> [Records for processing]
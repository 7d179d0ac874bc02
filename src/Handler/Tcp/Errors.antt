-- ===== src/Handler/Tcp/Errors.antt =====
-- What `handle_tcp` does with data that is no message.
use nanocap.Prelude.{
  ℕ, ◌<◌, ◌≡◌, ◌+◌, refl, ap, arith, length, inl, inr, runtime_error, throw, ◌>>=◌,
}
use nanocap.Stream.{KStream, Bytes}
use nanocap.Stream.Reads.{Outcome-cases}
use nanocap.Stream.Quiet.{Quiet-runtime}
use nanocap.Flow.{CircularBuffer, NanoPacket}
use nanocap.Protocol.Header.{read_message_header}
use nanocap.Protocol.Enums.{invalid}
use nanocap.Protocol.Nano.{read_nano}
use nanocap.Protocol.Reads.{read_message_header-Reads}
use nanocap.Protocol.Quiet.{read_message_header-Quiet}
use nanocap.Db.{Env}
use nanocap.Handler.Session.{Session}
use nanocap.Handler.Tcp.{PacketHandler, count_packet, catch_all, handle_parsed, process, handle_tcp}

module _ (k : KStream) where
  read_nano-short :
      (bs : Bytes) → length bs < 8 → read_nano k (k.open_stream bs) ≡ throw runtime_error
  unfolding read_nano ◌>>=◌
  read_nano-short bs lt = elim (Outcome-cases (read_message_header k (k.open_stream bs))) [
    | inl ((h, ks), e) ↦
        let (m, le, after) = (read_message_header-Reads k (k.open_stream bs)).moves ks h e in
        absurd (omega (arith, after.fits, ap length (k.remaining-open_stream bs)))
    | inr (x, e) ↦
        rw
          (
            e,
            Quiet-runtime k (k.open_stream bs) x (read_message_header-Quiet k)
                (read_message_header-Reads k _) e,
          )
          refl
  ]

module _ (k : KStream) (cb : CircularBuffer) (env : Env) where
  -- On a connection that waits for no response, data of less than the eight bytes of a header counts
  -- as one parse error, and leaves the connection and the database as they are.
  pub handle_tcp-short :
      (fuel : ℕ) (info : NanoPacket) (p : PacketHandler) (s : Session cb)
      → s.0.current_msg_type ≡ invalid
      → length info.payload < 8
      → let counted = count_packet s.1 p in
        handle_tcp k cb env fuel info (p, s)
        ≡ (record counted { packet_parse_error_count = counted.packet_parse_error_count + 1 }, s)
  unfolding handle_tcp handle_parsed process catch_all
  handle_tcp-short fuel info p (flow, db) h lt = rw (h, read_nano-short k info.payload lt) refl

> [Directions for this task]
Going through the data above, count each line that contains "Errors" and give only that figure.

> [Task result]
2